Бляшки представляют собой обесцвеченные участки культуры, состоящие из погибших под действием вируса клеток. Кроме агара в целях предотвращения переноса вируса на другие места можно использовать крахмал и метилцеллюлозу. Некоторые вирусы дают бляшки без покрытия слоем агара, например вирус чумы крупного рогатого скота, осповакцины, некоторые представители вирусов герпеса и др. На клетки, промытые средой или раствором Хенкса, наносят вирус в определенных разведениях и обеспечивают контакт вируса с клетками при периодическом покачивании в точно установленный отрезок времени (1–2 ч) при 37–38 °С. Неадсорбировавшийся вирус удаляют путем промывания раствором Хенкса или отсасывают пастеровской пипеткой, затем на слой клеток наносят специальное агаровое покрытие. Выбор среды покрытия определяется видом клеток и вируса.

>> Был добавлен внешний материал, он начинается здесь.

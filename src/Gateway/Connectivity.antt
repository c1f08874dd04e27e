-- ===== src/Gateway/Connectivity.antt =====
-- `verifyConnection` and `verifyWhitelistRouting` of internal/gateway/gateway.go, on what `curl` says.
use bypath.Base.{
  String, string_eq, Bool, true, false, not, ◌||◌, ◌==◌, if◌then◌else◌, List, Option, none, some,
  any, trim_space,
}
use bypath.Api.Auth.{equal_fold}

-- What a request through the proxy prints: its code, or the body; none for an error.
pub record Curl : Type 0 where
  pub code : String → Option String

-- `err == nil && strings.TrimSpace(string(out)) == c.wantCode`
unfoldable pub has_code : Curl → String → String → Bool
has_code curl url want = elim (curl.code url) [ none ↦ false | some out ↦ trim_space out == want ]

unfoldable pub reaches_internet : Curl → Bool
reaches_internet curl =
    has_code curl "http://www.gstatic.com/generate_204" "204"
    || has_code curl "http://www.msftconnecttest.com/connecttest.txt" "200"
    || has_code curl "http://captive.apple.com/hotspot-detect.html" "200"

abbrev code_or_zero : Option String → String
code_or_zero none = "000"
code_or_zero (some out) = trim_space out

-- `verifyWhitelistRouting`. The requests for addresses behind the first only log.
unfoldable pub verify_whitelist_routing : Curl → List String → Bool
verify_whitelist_routing curl countries =
    let samandehi = code_or_zero (curl.code "https://login.samandehi.ir") in
    if not (any (λ c. equal_fold c "ir") countries)
    then true
    else if samandehi == "403"
    then false
    else if samandehi == "000"
    then false
    else true

-- `verifyConnection`
unfoldable pub verify_connection : Curl → List String → Bool
verify_connection curl countries =
    if not (reaches_internet curl) then false else verify_whitelist_routing curl countries
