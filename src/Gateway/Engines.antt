-- ===== src/Gateway/Engines.antt =====
-- How internal/gateway/gateway.go starts an engine for a link, and falls back to other engines, links
-- and modes. A run of an engine is known by the number of the start; what the system does at a start
-- is an argument.
pub mod Running
use bypath.Base.{
  ℕ, suc, ◌+◌, pos, String, string_eq, nat_eq, Bool, true, false, not, ◌&&◌, ◌||◌, ◌==◌,
  if◌then◌else◌, List, [], ◌∷◌, ◌++◌, map, Option, none, some, select, lookup, Result, ok, err,
}
use bypath.Base.Int.{ltb_ℤ}
use bypath.Profile.{Link, Group}
use bypath.Profile.Store as Store
use bypath.Profile.Store.{set_active_link, get_group}
use bypath.Profile.Store.Dir.{Write}
use bypath.Config.{Config, GatewayConfig}
use bypath.Engine.Fallback.{Launch, processes_of, start_with_fallback}
use bypath.Gateway.Connectivity.{Curl, verify_connection}

-- The parts of `Gateway` that the engine concerns, the runs of engines that have not been stopped, and
-- the number of the next start. `cancelled` is whether `gw.ctx` is done.
pub record Gateway : Type 0 where
  pub config : Config
  pub profiles : Store.Manager
  pub native_tun : Bool
  pub active_engine : String
  pub embedded : Option ℕ
  pub engine_proc : Option ℕ
  pub cancelled : Bool
  pub alive : List ℕ
  pub starts : ℕ

-- What the system does: whether an embedded engine of a name is there and starts, how the attempts of
-- the fallback end, and what `curl` says in the checks behind it; by the number of the start. Then the
-- write of the active link, and whether this is the full build.
pub record System : Type 0 where
  pub embedded_starts : ℕ → String → Link → Bool
  pub launch : ℕ → ℕ → Launch
  pub curl : ℕ → ℕ → Curl
  pub write : Write
  pub is_full : Bool

abbrev first_or : List String → String → String
first_or [] d = d
first_or (name ∷ _) d = name

-- `preferredName`
unfoldable pub preferred_name : Config → String
preferred_name cfg =
    let preferred = cfg.engines.preferred_engine in
    if preferred == "" then first_or cfg.engines.fallback.order "sing-box" else preferred

-- the gateway mode, in which sing-box makes the TUN device
abbrev pub makes_tun : Config → String → Bool
makes_tun cfg name = cfg.gateway.enabled && cfg.gateway.native_tun && name == "sing-box"

module _ (sys : System) where
  -- `startEngine`; whether there is no error. The processes that the fallback leaves run too.
  unfoldable pub start_engine : Link → Gateway → Gateway × Bool
  start_engine link gw =
      let n = gw.starts in
      let name = preferred_name gw.config in
      let preferred = gw.config.engines.preferred_engine in
      let left = processes_of gw.config.engines.fallback (sys.launch n) link preferred in
      let counted : Gateway = record gw { starts = suc n } in
      if sys.embedded_starts n name link
      then (
        record counted {
          embedded = some n;
          active_engine = name;
          alive = n ∷ gw.alive;
          native_tun = makes_tun gw.config name || gw.native_tun;
        },
        true,
      )
      else elim (start_with_fallback gw.config.engines.fallback (sys.launch n) link preferred) [
        | err _ ↦ (record counted { alive = map (λ i. n) left ++ gw.alive }, false)
        | ok result ↦ (
          record counted {
            engine_proc = some n;
            active_engine = result.engine_name;
            alive = map (λ i. n) left ++ gw.alive;
            native_tun = makes_tun gw.config result.engine_name || gw.native_tun;
          },
          true,
        )
      ]

  -- the engine stopped: the embedded one, or else the process
  unfoldable pub drop_engine : Gateway → Gateway
  drop_engine gw = elim gw.embedded [
    | some n ↦ record gw { embedded = none; alive = select (λ m. not (m == n)) gw.alive }
    | none ↦ elim gw.engine_proc [
      | some n ↦ record gw { engine_proc = none; alive = select (λ m. not (m == n)) gw.alive }
      | none ↦ gw
    ]
  ]

  -- `gw.verifyConnection()` of attempt `i` behind start `n`
  abbrev pub connects : ℕ → ℕ → Gateway → Bool
  connects n i gw = verify_connection (sys.curl n i) gw.config.whitelist.countries

  -- the checks of `startEngineWithEngineFallback` behind start `n`
  unfoldable pub checked : ℕ → Gateway → Gateway × Bool
  checked n gw =
      if connects n 0 gw
      then (gw, true)
      else if gw.cancelled
      then (gw, false)
      else if connects n 1 gw || connects n 2 gw
      then (gw, true)
      else (record (drop_engine gw) { active_engine = "" }, false)

  -- `startEngineWithEngineFallback`
  unfoldable pub start_engine_with_engine_fallback : Link → Gateway → Gateway × Bool
  start_engine_with_engine_fallback link gw =
      let (started, is_ok) = start_engine link gw in
      if is_ok then checked gw.starts started else (started, false)

  -- a link that may be tried behind another one
  unfoldable pub is_candidate : Link → Link → Bool
  is_candidate link candidate =
      not (candidate.remark == link.remark)
      && not (
          ltb_ℤ candidate.port (pos 10)
          || candidate.address == ""
          || candidate.address == "0.0.0.0")

  -- the loop of `startEngineWithLinkFallback` over the links of the group
  unfoldable pub try_links : Link → List Link → Gateway → Gateway × Bool
  try_links link [] gw = (gw, false)
  try_links link (l ∷ ls) gw =
      let (tried, is_up) = start_engine_with_engine_fallback l gw in
      let skipped = try_links link ls gw in
      let next = try_links link ls tried in
      if not (is_candidate link l)
      then skipped
      else if is_up
      then (record tried { profiles = set_active_link sys.write l tried.profiles }, true)
      else next

  -- `fallbackGroup`
  abbrev pub fallback_group : Link → Gateway → String
  fallback_group link gw = if link.group == "" then gw.config.profiles.active_group else link.group

  abbrev pub links_of : Option Group → List Link
  links_of none = []
  links_of (some g) = g.links

  -- `startEngineWithLinkFallback`; a group that is not there has no links to try
  unfoldable pub start_engine_with_link_fallback : Link → Gateway → Gateway × Bool
  start_engine_with_link_fallback link gw =
      let (tried, is_up) = start_engine_with_engine_fallback link gw in
      if is_up
      then (tried, true)
      else try_links link (links_of (get_group (fallback_group link gw) tried.profiles)) tried

  abbrev pub with_native_tun : Bool → Config → Config
  with_native_tun on cfg = record cfg { gateway = record cfg.gateway { native_tun = on } }

  -- `restartEngineAsLegacy`
  unfoldable pub restart_engine_as_legacy : Link → Gateway → Gateway × Bool
  restart_engine_as_legacy link gw =
      let orig = gw.config.gateway.native_tun in
      let legacy = record (drop_engine gw) {
        config = with_native_tun false gw.config;
        native_tun = false;
      } in
      let (started, is_up) = start_engine_with_link_fallback link legacy in
      (record started { config = with_native_tun orig started.config }, is_up)

  -- `startEngineWithFallback`
  unfoldable pub start_engine_with_fallback : Link → Gateway → Gateway × Bool
  start_engine_with_fallback link gw =
      let (tried, is_up) = start_engine_with_link_fallback link gw in
      let (retried, is_up_again) = start_engine_with_link_fallback link tried in
      if not gw.config.gateway.native_tun
      then start_engine_with_link_fallback link (record gw { native_tun = false })
      else if is_up
      then (tried, true)
      else if not sys.is_full
      then restart_engine_as_legacy link (record tried { native_tun = false })
      else if tried.cancelled
      then (tried, false)
      else if is_up_again
      then (retried, true)
      else restart_engine_as_legacy link (record retried { native_tun = false })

После застывания (30–60 мин) с поверхности агара сливают конденсированную влагу, флаконы переносят в термостат и инкубируют клетками вверх. Время инкубации и температура должны быть оптимальными для бляшкообразования, вызываемого данным вирусом. Наблюдение за появлением бляшек проводят в течение нескольких дней. За это время вирусы, адсорбировавшиеся на клетках, проникают в последние, проходят цикл репродукции, выходят из клеток и поражают соседние клетки. В сплошном слое живых клеток возникают островки мертвых, погибших вследствие репродукции в них вируса клеток. Раствор красителя окрашивает только живые клетки. Поэтому в матрасе на ровном красновато-розовом фоне появляются бесцветные пятна, которые и называются негативными пятнами Дальбекко или бляшками. Каждая бляшка соответствует островку мертвых клеток.
Цветная проба.Цветную пробу для лабораторных исследований впервые предложили Солк, Янгнер и Уорд в 1954 г. Предпосылкой для разработки данного метода явились наблюдения Эндерса, Уэллера и Роббинса, которые отметили, что в незаряженных тканевых культурах под влиянием продуктов метаболизма рН среды сдвигается в кислую сторону, что улавливается по пожелтению фенолрота, добавленного в питательную среду. В то же время жидкость в тканевых культурах, зараженных вирусом, убивающим живые клетки, сохраняла свой красный цвет.
Наиболее отчетливые результаты дают вирусы с высокой скоростью размножения при культивировании их на медленнорастущих клетках.
Так как метод цветной пробы не отличается высокой достоверностью, его в практике используют редко.
Обнаружение внутриклеточных включений.При многих вирусных заболеваниях в клетках (в цитоплазме или ядре) различных органов и тканей появляются особые образования, называемые тельцами-включениями. Их классифицируют по локализации в клетке, составу нуклеиновой кислоты, тинкториальным свойствам и гомогенности. Вирусные тельца-включения хорошо обнаруживаются в препаратах, окрашенных гематоксилин-эозином. Для этого фиксированные на покровных стеклах клетки промывают в дистиллированной воде и погружают на 5–15 мин в раствор гематоксилина (гематоксилин Майера, Эрлиха, Карацци и др.).
Обнаружение вирусов в реакции иммунофлуоресценции.В том случае, если размножение вируса в культуре клеток не сопровождается цитопатическим эффектом, гемадсорбцией, его присутствие можно обнаружить с помощью флуоресцирующих антител. Этот метод широко используют при диагностике классической чумы свиней, парвовирусной инфекции свиней и других болезней.
Обнаружение вирусов с помощью иммунопероксидазной реакции (иммуноферментного анализа).Методика изложена в специальном разделе
Обнаружение вирусов с помощью электронного микроскопа.Методика изложена в специальном разделе.
Метод, основанный на интерференции вирусов.Построен на том, что некоторые вирусы в культуре клеток снижают способность размножаться в ней других вирусов. Например, вирус чумы свиней снижает инфекционную активность вируса ящура, вирус ньюкаслской болезни – вируса везикулярного стоматита и т. д.